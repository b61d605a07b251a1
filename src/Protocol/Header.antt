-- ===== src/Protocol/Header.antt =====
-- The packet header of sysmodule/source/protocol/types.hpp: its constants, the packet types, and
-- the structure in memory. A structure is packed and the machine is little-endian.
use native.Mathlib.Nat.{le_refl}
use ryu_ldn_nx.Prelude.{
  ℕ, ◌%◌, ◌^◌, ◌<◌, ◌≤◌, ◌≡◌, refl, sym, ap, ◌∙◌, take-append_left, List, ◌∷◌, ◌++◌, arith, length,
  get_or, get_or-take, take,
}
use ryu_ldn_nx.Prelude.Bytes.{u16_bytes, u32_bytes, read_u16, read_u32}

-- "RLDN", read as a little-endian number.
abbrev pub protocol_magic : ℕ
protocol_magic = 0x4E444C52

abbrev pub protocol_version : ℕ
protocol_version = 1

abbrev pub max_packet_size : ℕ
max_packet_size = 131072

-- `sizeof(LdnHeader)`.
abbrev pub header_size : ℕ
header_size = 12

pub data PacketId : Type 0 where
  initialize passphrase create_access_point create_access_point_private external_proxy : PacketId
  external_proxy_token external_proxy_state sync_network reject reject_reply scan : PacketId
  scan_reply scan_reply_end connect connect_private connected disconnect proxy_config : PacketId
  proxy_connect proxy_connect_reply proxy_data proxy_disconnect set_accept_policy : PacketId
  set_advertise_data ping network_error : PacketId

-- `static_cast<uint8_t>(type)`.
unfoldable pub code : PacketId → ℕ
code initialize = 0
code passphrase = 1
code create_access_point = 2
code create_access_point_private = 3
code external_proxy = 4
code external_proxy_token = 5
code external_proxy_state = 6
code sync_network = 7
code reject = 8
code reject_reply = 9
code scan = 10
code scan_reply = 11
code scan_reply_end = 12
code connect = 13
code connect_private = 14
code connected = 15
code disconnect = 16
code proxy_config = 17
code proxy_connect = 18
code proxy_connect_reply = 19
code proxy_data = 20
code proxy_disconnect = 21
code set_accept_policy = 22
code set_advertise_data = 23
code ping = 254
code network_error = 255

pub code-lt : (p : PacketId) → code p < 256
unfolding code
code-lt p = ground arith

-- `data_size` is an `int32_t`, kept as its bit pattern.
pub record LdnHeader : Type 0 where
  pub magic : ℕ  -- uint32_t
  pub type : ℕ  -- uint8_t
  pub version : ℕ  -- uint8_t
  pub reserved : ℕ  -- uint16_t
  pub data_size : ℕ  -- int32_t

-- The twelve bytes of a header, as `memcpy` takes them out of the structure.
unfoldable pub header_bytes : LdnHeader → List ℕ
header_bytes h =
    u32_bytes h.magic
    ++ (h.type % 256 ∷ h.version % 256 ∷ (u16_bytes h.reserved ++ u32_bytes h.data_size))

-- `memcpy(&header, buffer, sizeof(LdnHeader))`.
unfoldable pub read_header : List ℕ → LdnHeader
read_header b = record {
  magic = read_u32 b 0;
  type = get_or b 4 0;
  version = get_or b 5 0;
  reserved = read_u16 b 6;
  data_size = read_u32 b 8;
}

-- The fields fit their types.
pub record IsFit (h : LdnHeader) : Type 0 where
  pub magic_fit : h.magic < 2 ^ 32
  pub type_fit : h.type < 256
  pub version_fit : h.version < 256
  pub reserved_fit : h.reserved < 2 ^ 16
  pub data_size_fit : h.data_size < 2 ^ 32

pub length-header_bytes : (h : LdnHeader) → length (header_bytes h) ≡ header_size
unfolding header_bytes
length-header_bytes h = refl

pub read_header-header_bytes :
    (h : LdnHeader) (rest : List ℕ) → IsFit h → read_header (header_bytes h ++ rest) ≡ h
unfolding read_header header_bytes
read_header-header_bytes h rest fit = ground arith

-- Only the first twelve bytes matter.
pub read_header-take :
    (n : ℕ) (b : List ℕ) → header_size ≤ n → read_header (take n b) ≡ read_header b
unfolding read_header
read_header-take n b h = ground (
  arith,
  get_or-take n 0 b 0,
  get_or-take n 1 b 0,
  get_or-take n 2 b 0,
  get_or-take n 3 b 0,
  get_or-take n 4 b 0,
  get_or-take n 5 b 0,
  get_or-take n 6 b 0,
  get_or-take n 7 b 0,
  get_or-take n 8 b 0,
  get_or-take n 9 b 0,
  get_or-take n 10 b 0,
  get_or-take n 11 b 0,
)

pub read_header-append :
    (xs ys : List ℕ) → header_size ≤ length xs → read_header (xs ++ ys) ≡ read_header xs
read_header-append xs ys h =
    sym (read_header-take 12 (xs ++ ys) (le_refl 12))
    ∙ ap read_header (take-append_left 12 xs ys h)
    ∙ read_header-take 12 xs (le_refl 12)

### [Goal of the exercise]
Each line above must be returned exactly as written.

### [Final answer]
repository b61d605a07b251a1
filename src/Protocol/Header.antt
-- ===== src/Protocol/Header.antt =====
-- The packet header of sysmodule/source/protocol/types.hpp: its constants, the packet types, and
-- the structure in memory. A structure is packed and the machine is little-endian.
use native.Mathlib.Nat.{le_refl}
use ryu_ldn_nx.Prelude.{
  ℕ, ◌%◌, ◌^◌, ◌<◌, ◌≤◌, ◌≡◌, refl, sym, ap, ◌∙◌, take-append_left, List, ◌∷◌, ◌++◌, arith, length,
  get_or, get_or-take, take,
}
use ryu_ldn_nx.Prelude.Bytes.{u16_bytes, u32_bytes, read_u16, read_u32}

-- "RLDN", read as a little-endian number.
abbrev pub protocol_magic : ℕ
protocol_magic = 0x4E444C52

abbrev pub protocol_version : ℕ
protocol_version = 1

abbrev pub max_packet_size : ℕ
max_packet_size = 131072

-- `sizeof(LdnHeader)`.
abbrev pub header_size : ℕ
header_size = 12

pub data PacketId : Type 0 where
  initialize passphrase create_access_point create_access_point_private external_proxy : PacketId
  external_proxy_token external_proxy_state sync_network reject reject_reply scan : PacketId
  scan_reply scan_reply_end connect connect_private connected disconnect proxy_config : PacketId
  proxy_connect proxy_connect_reply proxy_data proxy_disconnect set_accept_policy : PacketId
  set_advertise_data ping network_error : PacketId

-- `static_cast<uint8_t>(type)`.
unfoldable pub code : PacketId → ℕ
code initialize = 0
code passphrase = 1
code create_access_point = 2
code create_access_point_private = 3
code external_proxy = 4
code external_proxy_token = 5
code external_proxy_state = 6
code sync_network = 7
code reject = 8
code reject_reply = 9
code scan = 10
code scan_reply = 11
code scan_reply_end = 12
code connect = 13
code connect_private = 14
code connected = 15
code disconnect = 16
code proxy_config = 17
code proxy_connect = 18
code proxy_connect_reply = 19
code proxy_data = 20
code proxy_disconnect = 21
code set_accept_policy = 22
code set_advertise_data = 23
code ping = 254
code network_error = 255

pub code-lt : (p : PacketId) → code p < 256
unfolding code
code-lt p = ground arith

-- `data_size` is an `int32_t`, kept as its bit pattern.
pub record LdnHeader : Type 0 where
  pub magic : ℕ  -- uint32_t
  pub type : ℕ  -- uint8_t
  pub version : ℕ  -- uint8_t
  pub reserved : ℕ  -- uint16_t
  pub data_size : ℕ  -- int32_t

-- The twelve bytes of a header, as `memcpy` takes them out of the structure.
unfoldable pub header_bytes : LdnHeader → List ℕ
header_bytes h =
    u32_bytes h.magic
    ++ (h.type % 256 ∷ h.version % 256 ∷ (u16_bytes h.reserved ++ u32_bytes h.data_size))

-- `memcpy(&header, buffer, sizeof(LdnHeader))`.
unfoldable pub read_header : List ℕ → LdnHeader
read_header b = record {
  magic = read_u32 b 0;
  type = get_or b 4 0;
  version = get_or b 5 0;
  reserved = read_u16 b 6;
  data_size = read_u32 b 8;
}

-- The fields fit their types.
pub record IsFit (h : LdnHeader) : Type 0 where
  pub magic_fit : h.magic < 2 ^ 32
  pub type_fit : h.type < 256
  pub version_fit : h.version < 256
  pub reserved_fit : h.reserved < 2 ^ 16
  pub data_size_fit : h.data_size < 2 ^ 32

pub length-header_bytes : (h : LdnHeader) → length (header_bytes h) ≡ header_size
unfolding header_bytes
length-header_bytes h = refl

pub read_header-header_bytes :
    (h : LdnHeader) (rest : List ℕ) → IsFit h → read_header (header_bytes h ++ rest) ≡ h
unfolding read_header header_bytes
read_header-header_bytes h rest fit = ground arith

-- Only the first twelve bytes matter.
pub read_header-take :
    (n : ℕ) (b : List ℕ) → header_size ≤ n → read_header (take n b) ≡ read_header b
unfolding read_header
read_header-take n b h = ground (
  arith,
  get_or-take n 0 b 0,
  get_or-take n 1 b 0,
  get_or-take n 2 b 0,
  get_or-take n 3 b 0,
  get_or-take n 4 b 0,
  get_or-take n 5 b 0,
  get_or-take n 6 b 0,
  get_or-take n 7 b 0,
  get_or-take n 8 b 0,
  get_or-take n 9 b 0,
  get_or-take n 10 b 0,
  get_or-take n 11 b 0,
)

pub read_header-append :
    (xs ys : List ℕ) → header_size ≤ length xs → read_header (xs ++ ys) ≡ read_header xs
read_header-append xs ys h =
    sym (read_header-take 12 (xs ++ ys) (le_refl 12))
    ∙ ap read_header (take-append_left 12 xs ys h)
    ∙ read_header-take 12 xs (le_refl 12)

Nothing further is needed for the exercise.